## Work instruction
Pull out every line below containing the word "front".

Dataset entries
==============================
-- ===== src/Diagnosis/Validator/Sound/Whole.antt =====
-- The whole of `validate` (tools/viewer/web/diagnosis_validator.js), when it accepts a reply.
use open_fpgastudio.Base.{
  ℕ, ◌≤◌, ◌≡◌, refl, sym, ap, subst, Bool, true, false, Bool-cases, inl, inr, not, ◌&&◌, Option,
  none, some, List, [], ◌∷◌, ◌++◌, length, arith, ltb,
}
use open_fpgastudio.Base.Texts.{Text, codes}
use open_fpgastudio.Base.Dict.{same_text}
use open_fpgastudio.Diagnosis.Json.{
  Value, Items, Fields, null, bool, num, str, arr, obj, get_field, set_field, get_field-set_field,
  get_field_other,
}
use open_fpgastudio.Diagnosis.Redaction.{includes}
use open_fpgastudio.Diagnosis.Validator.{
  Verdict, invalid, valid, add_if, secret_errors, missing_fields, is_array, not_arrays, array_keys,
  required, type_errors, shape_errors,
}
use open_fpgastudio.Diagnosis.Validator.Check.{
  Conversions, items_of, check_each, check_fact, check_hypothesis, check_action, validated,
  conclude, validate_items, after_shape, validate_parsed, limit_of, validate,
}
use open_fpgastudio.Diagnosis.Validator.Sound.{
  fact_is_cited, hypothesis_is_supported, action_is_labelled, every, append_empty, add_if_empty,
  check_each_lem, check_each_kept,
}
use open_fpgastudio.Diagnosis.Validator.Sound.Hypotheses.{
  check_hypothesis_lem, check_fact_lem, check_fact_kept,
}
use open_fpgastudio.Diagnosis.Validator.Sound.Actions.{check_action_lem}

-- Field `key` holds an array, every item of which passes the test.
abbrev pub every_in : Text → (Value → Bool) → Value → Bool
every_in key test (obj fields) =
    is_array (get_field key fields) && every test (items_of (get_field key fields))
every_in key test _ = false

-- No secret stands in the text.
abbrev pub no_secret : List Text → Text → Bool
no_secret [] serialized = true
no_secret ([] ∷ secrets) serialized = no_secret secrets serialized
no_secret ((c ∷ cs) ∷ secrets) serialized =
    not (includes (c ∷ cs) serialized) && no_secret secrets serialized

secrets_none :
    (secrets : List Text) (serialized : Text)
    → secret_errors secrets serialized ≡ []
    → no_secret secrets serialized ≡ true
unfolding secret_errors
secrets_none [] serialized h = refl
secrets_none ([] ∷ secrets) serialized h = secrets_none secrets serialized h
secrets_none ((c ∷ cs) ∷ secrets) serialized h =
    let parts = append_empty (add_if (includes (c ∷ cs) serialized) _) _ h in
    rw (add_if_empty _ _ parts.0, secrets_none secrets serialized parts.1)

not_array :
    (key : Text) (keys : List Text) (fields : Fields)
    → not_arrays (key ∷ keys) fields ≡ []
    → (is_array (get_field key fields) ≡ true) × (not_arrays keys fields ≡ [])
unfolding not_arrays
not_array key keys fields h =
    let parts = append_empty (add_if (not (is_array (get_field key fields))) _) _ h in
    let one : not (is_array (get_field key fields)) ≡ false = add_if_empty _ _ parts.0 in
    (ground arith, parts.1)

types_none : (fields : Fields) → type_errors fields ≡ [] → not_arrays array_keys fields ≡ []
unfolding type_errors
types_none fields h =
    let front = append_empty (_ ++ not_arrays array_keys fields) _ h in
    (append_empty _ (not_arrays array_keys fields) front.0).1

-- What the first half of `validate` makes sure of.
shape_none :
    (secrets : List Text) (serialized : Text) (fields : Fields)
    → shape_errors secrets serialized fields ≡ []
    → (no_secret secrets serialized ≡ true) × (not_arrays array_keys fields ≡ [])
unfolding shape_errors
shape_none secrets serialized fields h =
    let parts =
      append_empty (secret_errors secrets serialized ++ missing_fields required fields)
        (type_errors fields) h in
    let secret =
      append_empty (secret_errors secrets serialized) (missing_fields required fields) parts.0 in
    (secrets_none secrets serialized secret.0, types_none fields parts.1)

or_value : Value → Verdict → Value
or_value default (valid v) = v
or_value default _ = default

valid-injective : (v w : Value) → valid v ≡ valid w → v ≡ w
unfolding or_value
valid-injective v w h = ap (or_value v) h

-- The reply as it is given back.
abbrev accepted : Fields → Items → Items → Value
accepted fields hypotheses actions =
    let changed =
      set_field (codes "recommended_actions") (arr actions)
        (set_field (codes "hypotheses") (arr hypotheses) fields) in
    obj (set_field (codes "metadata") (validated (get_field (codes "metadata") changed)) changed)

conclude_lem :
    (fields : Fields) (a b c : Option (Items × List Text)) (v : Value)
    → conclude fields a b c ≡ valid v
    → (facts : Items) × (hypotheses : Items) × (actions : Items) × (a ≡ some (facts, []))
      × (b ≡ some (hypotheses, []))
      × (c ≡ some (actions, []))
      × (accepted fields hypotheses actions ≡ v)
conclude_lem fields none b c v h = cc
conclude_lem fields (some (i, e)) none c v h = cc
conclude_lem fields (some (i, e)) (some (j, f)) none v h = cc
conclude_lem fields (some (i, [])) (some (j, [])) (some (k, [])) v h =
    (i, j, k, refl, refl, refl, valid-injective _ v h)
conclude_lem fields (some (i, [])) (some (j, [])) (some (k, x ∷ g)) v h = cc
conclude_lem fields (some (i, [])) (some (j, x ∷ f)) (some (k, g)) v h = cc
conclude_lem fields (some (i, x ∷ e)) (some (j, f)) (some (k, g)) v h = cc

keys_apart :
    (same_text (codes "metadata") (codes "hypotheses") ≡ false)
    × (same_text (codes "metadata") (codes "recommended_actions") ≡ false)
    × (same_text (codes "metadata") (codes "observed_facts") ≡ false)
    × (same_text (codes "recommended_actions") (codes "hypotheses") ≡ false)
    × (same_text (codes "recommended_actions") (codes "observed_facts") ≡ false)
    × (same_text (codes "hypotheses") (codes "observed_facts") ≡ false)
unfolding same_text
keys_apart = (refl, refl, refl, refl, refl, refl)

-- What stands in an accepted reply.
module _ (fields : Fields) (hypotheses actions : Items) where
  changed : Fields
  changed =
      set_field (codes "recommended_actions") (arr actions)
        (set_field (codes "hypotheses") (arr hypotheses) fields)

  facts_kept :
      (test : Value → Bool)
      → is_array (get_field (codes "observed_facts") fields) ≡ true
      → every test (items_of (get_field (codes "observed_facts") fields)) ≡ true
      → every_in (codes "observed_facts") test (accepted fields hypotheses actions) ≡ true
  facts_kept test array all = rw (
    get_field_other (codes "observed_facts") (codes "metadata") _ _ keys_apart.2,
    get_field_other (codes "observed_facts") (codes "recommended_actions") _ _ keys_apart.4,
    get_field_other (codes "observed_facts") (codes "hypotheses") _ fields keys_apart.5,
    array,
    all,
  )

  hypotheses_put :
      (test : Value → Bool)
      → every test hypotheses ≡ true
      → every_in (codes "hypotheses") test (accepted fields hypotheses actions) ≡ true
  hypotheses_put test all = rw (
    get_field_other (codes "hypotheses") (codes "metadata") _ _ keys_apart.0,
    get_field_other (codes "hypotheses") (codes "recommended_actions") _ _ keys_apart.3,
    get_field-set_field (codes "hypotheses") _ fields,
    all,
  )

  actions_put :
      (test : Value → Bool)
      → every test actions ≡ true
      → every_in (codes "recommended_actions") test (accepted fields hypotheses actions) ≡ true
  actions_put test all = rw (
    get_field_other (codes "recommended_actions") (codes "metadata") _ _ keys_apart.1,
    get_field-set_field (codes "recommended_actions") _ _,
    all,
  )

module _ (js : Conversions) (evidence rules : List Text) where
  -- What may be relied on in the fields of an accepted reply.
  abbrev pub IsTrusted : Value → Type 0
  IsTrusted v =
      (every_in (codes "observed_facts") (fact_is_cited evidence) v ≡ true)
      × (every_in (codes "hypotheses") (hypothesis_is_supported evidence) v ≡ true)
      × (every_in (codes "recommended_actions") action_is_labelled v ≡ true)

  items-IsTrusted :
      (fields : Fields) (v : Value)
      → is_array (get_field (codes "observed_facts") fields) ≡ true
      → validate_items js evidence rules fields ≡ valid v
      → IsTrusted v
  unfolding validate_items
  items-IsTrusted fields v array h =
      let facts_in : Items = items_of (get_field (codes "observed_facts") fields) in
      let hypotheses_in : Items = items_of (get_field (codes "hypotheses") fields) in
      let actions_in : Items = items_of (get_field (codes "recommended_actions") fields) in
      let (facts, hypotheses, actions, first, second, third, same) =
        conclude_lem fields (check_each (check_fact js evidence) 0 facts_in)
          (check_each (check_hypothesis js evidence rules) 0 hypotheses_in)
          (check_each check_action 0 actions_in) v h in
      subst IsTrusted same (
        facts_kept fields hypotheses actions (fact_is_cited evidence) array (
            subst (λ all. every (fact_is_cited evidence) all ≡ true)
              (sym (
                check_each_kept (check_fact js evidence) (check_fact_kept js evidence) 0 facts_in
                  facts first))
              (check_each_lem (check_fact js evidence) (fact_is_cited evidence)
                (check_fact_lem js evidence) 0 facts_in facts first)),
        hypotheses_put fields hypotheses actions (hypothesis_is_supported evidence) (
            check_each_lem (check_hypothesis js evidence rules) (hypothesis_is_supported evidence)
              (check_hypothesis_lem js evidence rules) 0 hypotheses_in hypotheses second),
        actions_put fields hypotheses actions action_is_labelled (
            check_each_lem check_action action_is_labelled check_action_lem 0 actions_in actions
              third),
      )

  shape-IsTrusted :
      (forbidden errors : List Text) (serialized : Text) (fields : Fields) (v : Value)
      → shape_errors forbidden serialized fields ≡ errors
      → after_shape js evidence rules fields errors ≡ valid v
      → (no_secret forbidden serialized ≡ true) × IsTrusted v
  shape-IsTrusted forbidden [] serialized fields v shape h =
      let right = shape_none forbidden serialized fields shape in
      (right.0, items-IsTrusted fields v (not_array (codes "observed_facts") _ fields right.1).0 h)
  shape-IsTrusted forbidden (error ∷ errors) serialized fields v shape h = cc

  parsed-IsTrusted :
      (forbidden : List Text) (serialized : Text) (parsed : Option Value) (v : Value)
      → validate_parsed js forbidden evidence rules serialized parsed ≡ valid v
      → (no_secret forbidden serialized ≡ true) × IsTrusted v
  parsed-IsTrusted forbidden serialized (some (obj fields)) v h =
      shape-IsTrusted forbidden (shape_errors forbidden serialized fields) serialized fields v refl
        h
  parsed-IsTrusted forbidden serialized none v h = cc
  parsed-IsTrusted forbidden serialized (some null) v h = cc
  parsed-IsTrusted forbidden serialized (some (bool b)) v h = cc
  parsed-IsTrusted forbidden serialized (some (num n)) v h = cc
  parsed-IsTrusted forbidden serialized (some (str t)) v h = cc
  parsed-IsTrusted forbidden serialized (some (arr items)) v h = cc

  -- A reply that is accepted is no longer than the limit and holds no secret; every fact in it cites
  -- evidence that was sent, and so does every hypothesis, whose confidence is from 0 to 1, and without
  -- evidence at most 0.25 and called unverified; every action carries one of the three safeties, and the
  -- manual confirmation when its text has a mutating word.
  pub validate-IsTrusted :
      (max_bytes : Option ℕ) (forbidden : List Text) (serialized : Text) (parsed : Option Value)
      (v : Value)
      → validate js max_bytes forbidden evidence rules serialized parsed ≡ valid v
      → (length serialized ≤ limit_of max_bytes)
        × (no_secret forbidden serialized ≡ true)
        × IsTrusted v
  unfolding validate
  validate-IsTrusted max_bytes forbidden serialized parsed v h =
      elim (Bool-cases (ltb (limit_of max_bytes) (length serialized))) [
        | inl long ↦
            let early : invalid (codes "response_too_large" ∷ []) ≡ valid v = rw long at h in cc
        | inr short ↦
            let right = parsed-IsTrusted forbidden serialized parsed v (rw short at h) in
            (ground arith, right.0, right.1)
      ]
==============================
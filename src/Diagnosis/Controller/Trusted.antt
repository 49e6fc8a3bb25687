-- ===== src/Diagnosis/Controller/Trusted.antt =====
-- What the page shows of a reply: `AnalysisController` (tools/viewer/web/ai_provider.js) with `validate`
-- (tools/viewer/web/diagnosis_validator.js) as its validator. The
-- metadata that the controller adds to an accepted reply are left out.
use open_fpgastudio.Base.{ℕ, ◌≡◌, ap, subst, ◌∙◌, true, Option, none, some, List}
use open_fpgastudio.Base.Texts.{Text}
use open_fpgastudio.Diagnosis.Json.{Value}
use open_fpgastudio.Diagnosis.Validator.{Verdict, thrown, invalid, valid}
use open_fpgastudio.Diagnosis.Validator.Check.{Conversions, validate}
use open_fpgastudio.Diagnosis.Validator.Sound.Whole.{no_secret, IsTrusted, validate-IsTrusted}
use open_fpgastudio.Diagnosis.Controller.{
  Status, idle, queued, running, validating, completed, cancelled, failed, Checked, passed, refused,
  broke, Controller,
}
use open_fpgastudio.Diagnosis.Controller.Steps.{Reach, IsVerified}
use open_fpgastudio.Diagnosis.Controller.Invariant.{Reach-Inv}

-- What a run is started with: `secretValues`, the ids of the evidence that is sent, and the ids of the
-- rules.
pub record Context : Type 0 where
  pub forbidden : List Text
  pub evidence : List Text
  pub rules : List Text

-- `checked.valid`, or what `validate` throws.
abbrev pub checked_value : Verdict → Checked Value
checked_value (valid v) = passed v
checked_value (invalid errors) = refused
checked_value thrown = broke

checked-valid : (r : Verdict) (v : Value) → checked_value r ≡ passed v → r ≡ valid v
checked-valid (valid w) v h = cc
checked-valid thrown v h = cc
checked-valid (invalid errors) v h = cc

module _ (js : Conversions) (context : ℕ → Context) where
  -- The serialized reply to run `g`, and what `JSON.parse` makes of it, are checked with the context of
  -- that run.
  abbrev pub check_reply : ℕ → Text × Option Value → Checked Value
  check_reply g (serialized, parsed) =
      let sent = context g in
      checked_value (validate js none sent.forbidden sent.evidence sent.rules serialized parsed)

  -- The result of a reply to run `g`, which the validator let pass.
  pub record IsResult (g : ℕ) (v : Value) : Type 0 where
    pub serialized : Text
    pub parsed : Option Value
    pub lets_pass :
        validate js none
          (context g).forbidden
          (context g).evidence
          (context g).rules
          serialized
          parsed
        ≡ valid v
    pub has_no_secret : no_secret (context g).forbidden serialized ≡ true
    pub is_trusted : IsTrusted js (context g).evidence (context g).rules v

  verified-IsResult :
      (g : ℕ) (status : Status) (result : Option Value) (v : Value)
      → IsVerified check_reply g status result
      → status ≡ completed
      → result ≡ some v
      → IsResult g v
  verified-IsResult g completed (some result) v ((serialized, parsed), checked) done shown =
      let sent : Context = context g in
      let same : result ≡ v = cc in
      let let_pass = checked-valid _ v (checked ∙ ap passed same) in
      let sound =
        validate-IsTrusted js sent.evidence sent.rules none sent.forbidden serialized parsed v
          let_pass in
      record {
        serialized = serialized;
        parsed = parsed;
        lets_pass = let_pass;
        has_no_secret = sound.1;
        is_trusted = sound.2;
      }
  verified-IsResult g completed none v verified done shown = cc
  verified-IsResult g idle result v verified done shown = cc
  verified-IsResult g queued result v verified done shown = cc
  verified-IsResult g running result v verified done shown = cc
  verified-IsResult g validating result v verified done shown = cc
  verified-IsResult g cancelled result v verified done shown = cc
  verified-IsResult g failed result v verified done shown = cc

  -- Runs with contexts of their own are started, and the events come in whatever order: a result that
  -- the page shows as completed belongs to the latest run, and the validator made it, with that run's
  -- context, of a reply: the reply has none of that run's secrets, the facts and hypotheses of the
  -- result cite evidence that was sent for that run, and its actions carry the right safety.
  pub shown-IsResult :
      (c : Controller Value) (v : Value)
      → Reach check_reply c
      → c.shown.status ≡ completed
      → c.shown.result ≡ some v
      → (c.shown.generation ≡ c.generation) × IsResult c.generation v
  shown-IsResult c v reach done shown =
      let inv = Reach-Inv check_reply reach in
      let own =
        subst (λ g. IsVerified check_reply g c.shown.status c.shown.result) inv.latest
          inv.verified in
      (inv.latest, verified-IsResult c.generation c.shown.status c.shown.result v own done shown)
==============================
## Exercise solution
    let front = append_empty (_ ++ not_arrays array_keys fields) _ h in
    (append_empty _ (not_arrays array_keys fields) front.0).1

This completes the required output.